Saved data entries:
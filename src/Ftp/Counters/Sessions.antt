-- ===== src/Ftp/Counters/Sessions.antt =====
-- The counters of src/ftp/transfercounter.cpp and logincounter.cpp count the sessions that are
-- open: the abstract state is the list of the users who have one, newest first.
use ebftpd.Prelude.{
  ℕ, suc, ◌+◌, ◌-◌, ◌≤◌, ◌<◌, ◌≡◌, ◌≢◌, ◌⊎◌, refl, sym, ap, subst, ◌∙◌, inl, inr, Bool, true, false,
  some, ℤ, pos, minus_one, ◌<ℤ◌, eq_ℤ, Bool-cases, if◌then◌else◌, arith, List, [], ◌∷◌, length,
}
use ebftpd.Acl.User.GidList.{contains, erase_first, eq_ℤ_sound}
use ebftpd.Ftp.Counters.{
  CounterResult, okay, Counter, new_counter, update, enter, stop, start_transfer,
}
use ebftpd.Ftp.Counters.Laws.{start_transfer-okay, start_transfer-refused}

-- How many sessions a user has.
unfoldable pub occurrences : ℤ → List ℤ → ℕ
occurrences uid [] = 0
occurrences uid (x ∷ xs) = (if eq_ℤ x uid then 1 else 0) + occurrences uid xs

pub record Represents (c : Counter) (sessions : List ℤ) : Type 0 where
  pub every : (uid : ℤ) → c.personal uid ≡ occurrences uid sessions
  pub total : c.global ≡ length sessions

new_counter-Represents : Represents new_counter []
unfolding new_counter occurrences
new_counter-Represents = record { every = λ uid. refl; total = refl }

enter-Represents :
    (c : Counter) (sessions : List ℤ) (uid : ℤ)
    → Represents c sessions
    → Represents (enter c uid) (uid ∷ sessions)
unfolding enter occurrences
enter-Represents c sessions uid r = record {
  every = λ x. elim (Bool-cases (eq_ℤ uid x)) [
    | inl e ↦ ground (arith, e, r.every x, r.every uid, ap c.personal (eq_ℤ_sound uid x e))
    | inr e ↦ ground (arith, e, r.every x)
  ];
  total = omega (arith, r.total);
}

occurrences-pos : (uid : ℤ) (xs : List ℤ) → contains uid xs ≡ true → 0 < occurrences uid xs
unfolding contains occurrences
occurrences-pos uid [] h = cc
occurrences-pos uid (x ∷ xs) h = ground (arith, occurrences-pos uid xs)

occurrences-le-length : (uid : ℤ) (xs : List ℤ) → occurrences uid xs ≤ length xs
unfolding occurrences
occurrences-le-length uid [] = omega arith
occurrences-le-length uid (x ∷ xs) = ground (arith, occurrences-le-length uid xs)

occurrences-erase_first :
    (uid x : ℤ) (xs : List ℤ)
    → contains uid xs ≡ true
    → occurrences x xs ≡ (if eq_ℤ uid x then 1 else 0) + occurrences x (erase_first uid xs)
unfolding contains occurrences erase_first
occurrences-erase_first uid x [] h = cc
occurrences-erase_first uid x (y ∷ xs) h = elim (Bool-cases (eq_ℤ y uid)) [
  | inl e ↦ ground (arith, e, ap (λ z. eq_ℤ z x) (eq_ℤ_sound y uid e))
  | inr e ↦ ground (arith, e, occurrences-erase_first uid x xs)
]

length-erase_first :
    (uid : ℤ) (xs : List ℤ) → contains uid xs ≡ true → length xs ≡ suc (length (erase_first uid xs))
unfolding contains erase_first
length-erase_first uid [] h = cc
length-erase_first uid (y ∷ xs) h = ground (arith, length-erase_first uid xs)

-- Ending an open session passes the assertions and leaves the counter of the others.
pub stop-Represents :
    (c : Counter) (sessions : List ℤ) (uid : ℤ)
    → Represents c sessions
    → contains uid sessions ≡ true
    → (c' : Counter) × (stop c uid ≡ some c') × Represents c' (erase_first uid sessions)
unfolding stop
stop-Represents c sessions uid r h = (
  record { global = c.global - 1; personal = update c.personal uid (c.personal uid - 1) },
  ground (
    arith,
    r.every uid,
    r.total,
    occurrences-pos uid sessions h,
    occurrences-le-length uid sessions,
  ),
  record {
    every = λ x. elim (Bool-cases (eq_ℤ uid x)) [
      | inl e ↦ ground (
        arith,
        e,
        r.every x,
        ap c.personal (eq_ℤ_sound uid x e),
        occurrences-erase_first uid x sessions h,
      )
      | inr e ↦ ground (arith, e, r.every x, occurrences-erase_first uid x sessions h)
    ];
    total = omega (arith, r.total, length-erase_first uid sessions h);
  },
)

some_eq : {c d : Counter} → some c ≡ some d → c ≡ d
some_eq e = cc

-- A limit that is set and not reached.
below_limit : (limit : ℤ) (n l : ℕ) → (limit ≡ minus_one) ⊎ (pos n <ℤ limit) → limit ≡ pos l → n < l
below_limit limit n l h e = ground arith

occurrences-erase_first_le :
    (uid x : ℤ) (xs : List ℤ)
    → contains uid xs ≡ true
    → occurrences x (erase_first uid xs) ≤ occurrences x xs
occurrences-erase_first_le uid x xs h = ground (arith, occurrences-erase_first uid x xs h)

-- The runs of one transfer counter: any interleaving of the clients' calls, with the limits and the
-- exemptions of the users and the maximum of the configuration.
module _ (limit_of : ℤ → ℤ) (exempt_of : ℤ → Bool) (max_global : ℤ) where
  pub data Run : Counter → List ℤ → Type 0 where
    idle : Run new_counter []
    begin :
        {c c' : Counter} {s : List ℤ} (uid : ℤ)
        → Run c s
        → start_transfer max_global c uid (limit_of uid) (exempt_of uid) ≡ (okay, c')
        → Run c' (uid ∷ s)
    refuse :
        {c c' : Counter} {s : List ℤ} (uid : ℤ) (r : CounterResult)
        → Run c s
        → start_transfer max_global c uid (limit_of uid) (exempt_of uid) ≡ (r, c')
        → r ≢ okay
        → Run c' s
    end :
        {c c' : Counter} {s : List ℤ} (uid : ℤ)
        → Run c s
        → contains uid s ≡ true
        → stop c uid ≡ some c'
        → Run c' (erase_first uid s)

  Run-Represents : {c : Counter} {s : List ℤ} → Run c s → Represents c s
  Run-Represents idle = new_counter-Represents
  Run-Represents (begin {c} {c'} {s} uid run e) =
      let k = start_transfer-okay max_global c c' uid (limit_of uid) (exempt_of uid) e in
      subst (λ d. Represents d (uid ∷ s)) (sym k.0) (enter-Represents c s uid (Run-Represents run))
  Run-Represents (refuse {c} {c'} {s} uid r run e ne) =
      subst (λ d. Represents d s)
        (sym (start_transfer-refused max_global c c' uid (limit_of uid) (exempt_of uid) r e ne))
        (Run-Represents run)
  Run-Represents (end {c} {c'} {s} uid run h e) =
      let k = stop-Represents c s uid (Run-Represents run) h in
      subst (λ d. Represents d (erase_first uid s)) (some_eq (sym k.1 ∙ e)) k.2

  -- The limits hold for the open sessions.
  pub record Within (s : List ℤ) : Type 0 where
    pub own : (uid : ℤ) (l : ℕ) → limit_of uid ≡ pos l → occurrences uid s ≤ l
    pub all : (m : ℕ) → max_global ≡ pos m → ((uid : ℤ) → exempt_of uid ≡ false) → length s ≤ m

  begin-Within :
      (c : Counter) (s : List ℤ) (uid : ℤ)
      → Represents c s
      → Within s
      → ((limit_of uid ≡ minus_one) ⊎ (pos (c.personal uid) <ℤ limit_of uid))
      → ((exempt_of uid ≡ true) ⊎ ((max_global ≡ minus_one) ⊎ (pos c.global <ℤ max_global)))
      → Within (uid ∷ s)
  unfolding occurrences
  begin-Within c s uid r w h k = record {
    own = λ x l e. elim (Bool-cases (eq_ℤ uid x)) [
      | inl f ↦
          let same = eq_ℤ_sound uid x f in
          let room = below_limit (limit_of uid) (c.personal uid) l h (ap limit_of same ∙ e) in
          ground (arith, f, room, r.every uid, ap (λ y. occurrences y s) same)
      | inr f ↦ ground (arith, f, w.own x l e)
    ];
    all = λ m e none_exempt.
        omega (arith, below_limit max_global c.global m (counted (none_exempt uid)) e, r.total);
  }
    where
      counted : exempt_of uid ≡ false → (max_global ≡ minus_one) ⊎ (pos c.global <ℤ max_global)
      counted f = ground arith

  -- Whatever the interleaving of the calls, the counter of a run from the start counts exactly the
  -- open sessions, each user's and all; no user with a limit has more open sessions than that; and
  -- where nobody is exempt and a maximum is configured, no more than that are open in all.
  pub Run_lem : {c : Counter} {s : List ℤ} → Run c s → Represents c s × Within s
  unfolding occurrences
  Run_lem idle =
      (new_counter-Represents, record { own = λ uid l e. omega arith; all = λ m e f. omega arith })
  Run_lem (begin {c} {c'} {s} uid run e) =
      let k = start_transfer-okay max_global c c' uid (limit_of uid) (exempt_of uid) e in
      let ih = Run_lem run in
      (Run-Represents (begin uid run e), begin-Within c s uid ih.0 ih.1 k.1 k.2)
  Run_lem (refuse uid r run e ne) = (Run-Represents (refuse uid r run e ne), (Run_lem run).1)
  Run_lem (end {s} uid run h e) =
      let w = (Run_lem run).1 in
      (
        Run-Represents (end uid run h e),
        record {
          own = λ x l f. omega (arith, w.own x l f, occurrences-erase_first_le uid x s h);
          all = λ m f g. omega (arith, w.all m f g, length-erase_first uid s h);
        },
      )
...
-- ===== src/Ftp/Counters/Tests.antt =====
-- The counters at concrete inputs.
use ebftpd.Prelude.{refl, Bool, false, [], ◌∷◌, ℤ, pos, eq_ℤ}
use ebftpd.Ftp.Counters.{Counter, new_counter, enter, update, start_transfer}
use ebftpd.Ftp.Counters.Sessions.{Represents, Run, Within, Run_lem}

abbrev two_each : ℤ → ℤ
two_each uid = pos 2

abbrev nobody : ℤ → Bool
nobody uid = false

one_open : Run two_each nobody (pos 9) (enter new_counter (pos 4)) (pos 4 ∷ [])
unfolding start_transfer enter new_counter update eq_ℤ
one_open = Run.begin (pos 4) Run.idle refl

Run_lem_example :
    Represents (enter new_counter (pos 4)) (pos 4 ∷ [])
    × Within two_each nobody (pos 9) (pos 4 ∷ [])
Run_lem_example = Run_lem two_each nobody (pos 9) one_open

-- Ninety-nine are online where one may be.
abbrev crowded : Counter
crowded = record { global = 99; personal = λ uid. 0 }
==
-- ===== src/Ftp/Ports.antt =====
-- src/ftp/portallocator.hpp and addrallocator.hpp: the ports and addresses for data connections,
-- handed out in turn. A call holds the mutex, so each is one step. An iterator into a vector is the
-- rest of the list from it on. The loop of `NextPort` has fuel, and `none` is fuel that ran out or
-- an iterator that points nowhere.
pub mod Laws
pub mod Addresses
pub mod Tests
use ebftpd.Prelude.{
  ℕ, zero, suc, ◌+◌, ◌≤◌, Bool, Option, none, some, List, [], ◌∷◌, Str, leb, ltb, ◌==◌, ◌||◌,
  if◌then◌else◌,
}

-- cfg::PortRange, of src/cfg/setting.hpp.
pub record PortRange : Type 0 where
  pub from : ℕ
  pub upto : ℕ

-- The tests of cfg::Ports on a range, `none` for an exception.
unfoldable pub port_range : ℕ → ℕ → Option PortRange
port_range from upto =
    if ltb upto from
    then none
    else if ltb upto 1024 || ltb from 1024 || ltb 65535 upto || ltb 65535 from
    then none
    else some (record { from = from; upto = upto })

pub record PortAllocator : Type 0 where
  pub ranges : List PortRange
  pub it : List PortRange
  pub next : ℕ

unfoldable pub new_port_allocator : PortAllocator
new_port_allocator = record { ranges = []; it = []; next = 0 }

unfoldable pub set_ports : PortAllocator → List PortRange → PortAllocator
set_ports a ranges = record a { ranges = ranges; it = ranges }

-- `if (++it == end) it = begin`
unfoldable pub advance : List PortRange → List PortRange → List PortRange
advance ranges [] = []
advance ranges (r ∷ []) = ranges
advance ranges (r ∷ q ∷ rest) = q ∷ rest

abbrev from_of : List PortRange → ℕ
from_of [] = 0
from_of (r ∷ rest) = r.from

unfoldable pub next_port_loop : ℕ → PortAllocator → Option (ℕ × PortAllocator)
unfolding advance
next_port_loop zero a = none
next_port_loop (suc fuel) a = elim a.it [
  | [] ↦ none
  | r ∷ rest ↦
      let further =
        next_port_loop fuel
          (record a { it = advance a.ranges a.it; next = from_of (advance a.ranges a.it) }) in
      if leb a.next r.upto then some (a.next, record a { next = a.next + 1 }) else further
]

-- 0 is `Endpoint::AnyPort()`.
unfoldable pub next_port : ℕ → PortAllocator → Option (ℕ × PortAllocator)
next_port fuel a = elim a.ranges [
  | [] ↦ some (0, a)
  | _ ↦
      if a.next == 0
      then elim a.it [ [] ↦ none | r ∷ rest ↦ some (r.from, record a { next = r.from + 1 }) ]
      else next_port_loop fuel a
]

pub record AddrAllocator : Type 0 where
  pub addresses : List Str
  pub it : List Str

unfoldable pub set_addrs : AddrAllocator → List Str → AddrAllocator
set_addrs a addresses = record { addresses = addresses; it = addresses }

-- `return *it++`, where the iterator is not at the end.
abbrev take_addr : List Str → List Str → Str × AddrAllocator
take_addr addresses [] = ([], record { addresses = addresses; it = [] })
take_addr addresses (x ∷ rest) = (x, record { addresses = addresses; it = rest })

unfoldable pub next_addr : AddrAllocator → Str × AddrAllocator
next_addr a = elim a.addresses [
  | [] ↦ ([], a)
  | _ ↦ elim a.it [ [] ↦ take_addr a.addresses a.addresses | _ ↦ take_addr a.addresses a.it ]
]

_THE PROBLEM:_ Where does the word "crowded" appear in the records? Copy every line that holds it.

_TASK ANSWER:_
abbrev crowded : Counter
crowded = record { global = 99; personal = λ uid. 0 }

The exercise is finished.